Our results may have several important implications. First, understanding the signaling mechanisms involved in NTHi-induced NF-κB activation may bring new insights into the molecular pathogenesis of NTHi infections because the molecular mechanisms by which NTHi causes otitis media and COPD have remained largely unknown (1, 3–6, 37).

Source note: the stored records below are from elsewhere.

-- ===== src/Table/Scan.antt =====
-- A scan returns the rows of the stripes in their order, and then ends.
use mathlib.Core.Bool.{false≢true}
use mathlib.Core.Path.{subst}
use postgres_vectorization_t.Compression.External.{Libraries}
use postgres_vectorization_t.Metadata.Messages.{Protobuf}
use postgres_vectorization_t.Prelude.{
  ==_iff, Bool-cases, Bytes, List, Option, [], ap, arith, drop, false, inl, inr, ltb, lt→ltb, none,
  refl, some, suc, sym, true, zero, ℕ, ◌%◌, ◌++◌, ◌+◌, ◌/◌, ◌<◌, ◌==◌, ◌∙◌, ◌∷◌, ◌≡◌, ◌≢◌,
}
use postgres_vectorization_t.Report.{>>=-eq-ok, Result, ok, ok_injective, ◌>>=◌}
use postgres_vectorization_t.Rows.{read_stripe_next_row}
use postgres_vectorization_t.Selection.{Planner}
use postgres_vectorization_t.Stripe.Scan.{load_filtered_stripe_data}
use postgres_vectorization_t.Table.Read.{
  Row, TableReadState, cstore_begin_read, cstore_read_next_row, load_next_stripe, unfinished,
}
use postgres_vectorization_t.Table.ReadFooter.{cstore_read_footer}
use postgres_vectorization_t.Tupmacs.{Tupmacs}
use postgres_vectorization_t.Types.{Attribute, StripeData, StripeMetadata, TableFooter}

module _ (T : Tupmacs) (L : Libraries) (protobuf : Protobuf) (planner : Planner T.Datum)
    (values : List T.Datum) where
  open T use {Datum}

  -- A scan: `CStoreReadNextRow` is called with the same values in the caller's array, as
  -- `CStoreIterateForeignScan` does, until it finds no row.
  pub data Scans : TableReadState T → List (Row T) → Type 0 where
    scan_ends :
        {state after : TableReadState T}
        → cstore_read_next_row T L protobuf planner state values ≡ ok (none, after)
        → Scans state []
    scan_row :
        {state after : TableReadState T} {row : Row T} {rows : List (Row T)}
        → cstore_read_next_row T L protobuf planner state values ≡ ok (some row, after)
        → Scans after rows
        → Scans state (row ∷ rows)

  -- What a scan should return: rows `i` to `i + n` of a stripe in memory, each by its block and
  -- index, and the rows of all the stripes of a footer.
  unfoldable pub stripe_rows : StripeData Datum → List ℕ → ℕ → ℕ → ℕ → Result (List (Row T))
  stripe_rows stripe_data projected size i zero = ok []
  stripe_rows stripe_data projected size i (suc n) = do
    let rest = stripe_rows stripe_data projected size (i + 1) n
    row ← read_stripe_next_row T stripe_data projected (i / size) (i % size) values
    rows ← rest
    ok (row ∷ rows)

  unfoldable pub table_rows :
      Bytes → List Attribute → List ℕ → ℕ → List StripeMetadata → Result (List (Row T))
  table_rows file attrs projected size [] = ok []
  table_rows file attrs projected size (m ∷ stripes) = do
    let rest = table_rows file attrs projected size stripes
    stripe_data ← load_filtered_stripe_data T L protobuf planner file m attrs projected
    rows ← stripe_rows stripe_data projected size 0 stripe_data.row_count
    others ← rest
    ok (rows ++ others)

  same_step :
      {state other : TableReadState T} {rows : List (Row T)}
      → cstore_read_next_row T L protobuf planner state values
        ≡ cstore_read_next_row T L protobuf planner other values
      → Scans other rows
      → Scans state rows
  same_step e (scan_ends ended) = scan_ends (e ∙ ended)
  same_step e (scan_row read rest) = scan_row (e ∙ read) rest

  module _ (base : TableReadState T) where
    -- The state at a place of the scan.
    abbrev at_place : Option (StripeData Datum) → ℕ → ℕ → TableReadState T
    at_place stripe_data count i = record base {
      stripe_data = stripe_data;
      read_stripe_count = count;
      stripe_read_row_count = i;
    }

    scan_one :
        (stripe_data : StripeData Datum) (count i : ℕ) {row : Row T} {rows : List (Row T)}
        → 0 < base.table_footer.block_row_count
        → read_stripe_next_row T stripe_data base.projected_column_list
            (i / base.table_footer.block_row_count)
            (i % base.table_footer.block_row_count)
            values
          ≡ ok row
        → Scans (at_place (unfinished T L protobuf planner stripe_data (i + 1)) count (i + 1)) rows
        → Scans (at_place (some stripe_data) count i) (row ∷ rows)
    unfolding cstore_read_next_row
    scan_one stripe_data count i positive read rest =
        let divisor : ltb 0 base.table_footer.block_row_count ≡ true = lt→ltb _ _ positive in
        scan_row (simp divisor (simp read refl)) rest

    scan_stripe :
        (stripe_data : StripeData Datum) (count i n : ℕ) {rows others : List (Row T)}
        → 0 < base.table_footer.block_row_count
        → i + suc n ≡ stripe_data.row_count
        → stripe_rows stripe_data base.projected_column_list base.table_footer.block_row_count i
            (suc n)
          ≡ ok rows
        → ((i : ℕ) → Scans (at_place none count i) others)
        → Scans (at_place (some stripe_data) count i) (rows ++ others)
    unfolding stripe_rows
    scan_stripe stripe_data count i zero {rows} {others} positive total e rest =
        let size = base.table_footer.block_row_count in
        let (row, read, made) =
          >>=-eq-ok
            (read_stripe_next_row T stripe_data base.projected_column_list (i / size) (i % size)
              values)
            _ e in
        let last : (i + 1 == stripe_data.row_count) ≡ true =
          (==_iff _ _).1 (omega (arith, total)) in
        subst (λ r. Scans (at_place (some stripe_data) count i) (r ++ others)) (ok_injective made)
          (scan_one stripe_data count i positive read (rw last (rest (i + 1))))
    scan_stripe stripe_data count i (suc n) {rows} {others} positive total e rest =
        let size = base.table_footer.block_row_count in
        let projected = base.projected_column_list in
        let (row, read, then_more) =
          >>=-eq-ok (read_stripe_next_row T stripe_data projected (i / size) (i % size) values) _
            e in
        let (more, continues, made) =
          >>=-eq-ok (stripe_rows stripe_data projected size (i + 1) (suc n)) _ then_more in
        let further : (i + 1 == stripe_data.row_count) ≡ false = ground (arith, total) in
        subst (λ r. Scans (at_place (some stripe_data) count i) (r ++ others)) (ok_injective made)
          (scan_one stripe_data count i positive read (
            rw further (
              scan_stripe stripe_data count (i + 1) n positive (omega (arith, total)) continues
                rest)))

    no_rows :
        (stripe_data : StripeData Datum) (n : ℕ) {rows : List (Row T)}
        → n ≡ 0
        → stripe_rows stripe_data base.projected_column_list base.table_footer.block_row_count 0 n
          ≡ ok rows
        → rows ≡ []
    unfolding stripe_rows
    no_rows stripe_data zero empty e = sym (ok_injective e)
    no_rows stripe_data (suc n) empty e = absurd (omega (arith, empty))

    scan_whole :
        (stripe_data : StripeData Datum) (count n : ℕ) {rows others : List (Row T)}
        → 0 < base.table_footer.block_row_count
        → n ≡ stripe_data.row_count
        → n ≢ 0
        → stripe_rows stripe_data base.projected_column_list base.table_footer.block_row_count 0 n
          ≡ ok rows
        → ((i : ℕ) → Scans (at_place none count i) others)
        → Scans (at_place (some stripe_data) count 0) (rows ++ others)
    scan_whole stripe_data count zero positive total nonempty e rest = absurd (nonempty refl)
    scan_whole stripe_data count (suc n) positive total nonempty e rest =
        scan_stripe stripe_data count 0 n positive (omega (arith, total)) e rest

    drop-suc :
        (c : ℕ) (xs : List StripeMetadata) {x : StripeMetadata} {rest : List StripeMetadata}
        → drop c xs ≡ x ∷ rest
        → drop (suc c) xs ≡ rest
    drop-suc zero [] e = cc
    drop-suc zero (x ∷ xs) e = cc
    drop-suc (suc c) [] e = cc
    drop-suc (suc c) (x ∷ xs) e = drop-suc c xs e

    scan_rest :
        (stripes : List StripeMetadata) (count i : ℕ) {rows : List (Row T)}
        → 0 < base.table_footer.block_row_count
        → drop count base.table_footer.stripe_metadata_list ≡ stripes
        → table_rows base.table_file base.tuple_descriptor base.projected_column_list
            base.table_footer.block_row_count stripes
          ≡ ok rows
        → Scans (at_place none count i) rows
    unfolding table_rows cstore_read_next_row load_next_stripe
    scan_rest [] count i positive left e =
        subst (Scans (at_place none count i)) (ok_injective e)
          (scan_ends {after = at_place none count i} (simp left))
    scan_rest (m ∷ stripes) count i positive left e =
        let size = base.table_footer.block_row_count in
        let projected = base.projected_column_list in
        let file = base.table_file in
        let attrs = base.tuple_descriptor in
        let (stripe_data, loaded, e1) =
          >>=-eq-ok (load_filtered_stripe_data T L protobuf planner file m attrs projected) _ e in
        let (rows, here, e2) =
          >>=-eq-ok (stripe_rows stripe_data projected size 0 stripe_data.row_count) _ e1 in
        let (others, there, made) = >>=-eq-ok (table_rows file attrs projected size stripes) _ e2 in
        let all = base.table_footer.stripe_metadata_list in
        let one_more : count + 1 ≡ suc count = omega arith in
        let next : drop (count + 1) all ≡ stripes =
          ap (λ c. drop c all) one_more ∙ drop-suc count all left in
        let rest = λ (i : ℕ). scan_rest stripes (count + 1) i positive next there in
        subst (Scans (at_place none count i)) (ok_injective made)
          (elim (Bool-cases (stripe_data.row_count == 0)) [
            | inl empty ↦
                let none_there =
                  no_rows stripe_data stripe_data.row_count ((==_iff _ _).0 empty) here in
                subst (λ r. Scans (at_place none count i) (r ++ others)) (sym none_there)
                  (same_step (simp left (simp loaded (simp empty (simp next)))) (rest i))
            | inr some_rows ↦
                same_step {other = at_place (some stripe_data) (count + 1) 0}
                  (simp left (simp loaded (simp some_rows refl)))
                  (scan_whole stripe_data (count + 1) stripe_data.row_count positive refl
                    (λ zero_rows. false≢true (sym some_rows ∙ (==_iff _ _).1 zero_rows)) here rest)
          ])

  -- For a table whose footer file can be read, and rows that can be read from the stripes in their
  -- order: `CStoreBeginRead` succeeds, and calling `CStoreReadNextRow` from its state returns
  -- exactly these rows, one by one, and then ends; stripes that have no rows left after the
  -- selection of blocks are passed over.
  pub cstore_read_next_row-Scans :
      (table_file footer_content : Bytes) (footer : TableFooter) (attrs : List Attribute)
      (projected : List ℕ) (rows : List (Row T))
      → cstore_read_footer protobuf footer_content ≡ ok footer
      → 0 < footer.block_row_count
      → table_rows table_file attrs projected footer.block_row_count footer.stripe_metadata_list
        ≡ ok rows
      → (state : TableReadState T) × (cstore_begin_read T L protobuf planner table_file
            (some footer_content)
            attrs
            projected
          ≡ ok state)
        × Scans state rows
  unfolding cstore_begin_read
  cstore_read_next_row-Scans table_file footer_content footer attrs projected rows read positive
        found =
      let state : TableReadState T = record {
        table_file = table_file;
        table_footer = footer;
        projected_column_list = projected;
        tuple_descriptor = attrs;
        stripe_data = none;
        read_stripe_count = 0;
        stripe_read_row_count = 0;
      } in
      (state, simp read refl, scan_rest state footer.stripe_metadata_list 0 0 positive refl found)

Second, our finding that Gram-negative bacterium NTHi uses host TLR2 for transmitting signals across a cell membrane should enhance our understanding of bacteria-induced receptor signaling mechanisms in epithelial cells because TLR2 has been shown previously to mediate mainly the host response to Gram-positive bacteria, and little is known about TLR signaling in epithelial cells (20). Finally, our findings may lead to the development of novel therapeutic strategies for NTHi infections including otitis media and COPD (38, 39). In our studies, we have identified TLR2–TAK1-dependent NIK–IKKα/β–IκBα and MKK3/6–p38 MAP kinase signaling pathways to be involved in NTHi-induced NF-κB activation. Possibly of major interest will be the experimental evidence for the involvement of outer membrane protein P6 and TLR2 because of their major, if not exclusive, involvement in the pathogenesis of diseases (1, 5, 31–33).
We thank Dr. Ali Andalibi for critically reading this manuscript. This work was supported in part by National Institutes of Health Grants DC04562 (to J.D.L.), AI19641 (to T.F.M.), and AI41637 (to J.H.) and the Henry L. Guenther Foundation (to D.J.L. and J.D.L.).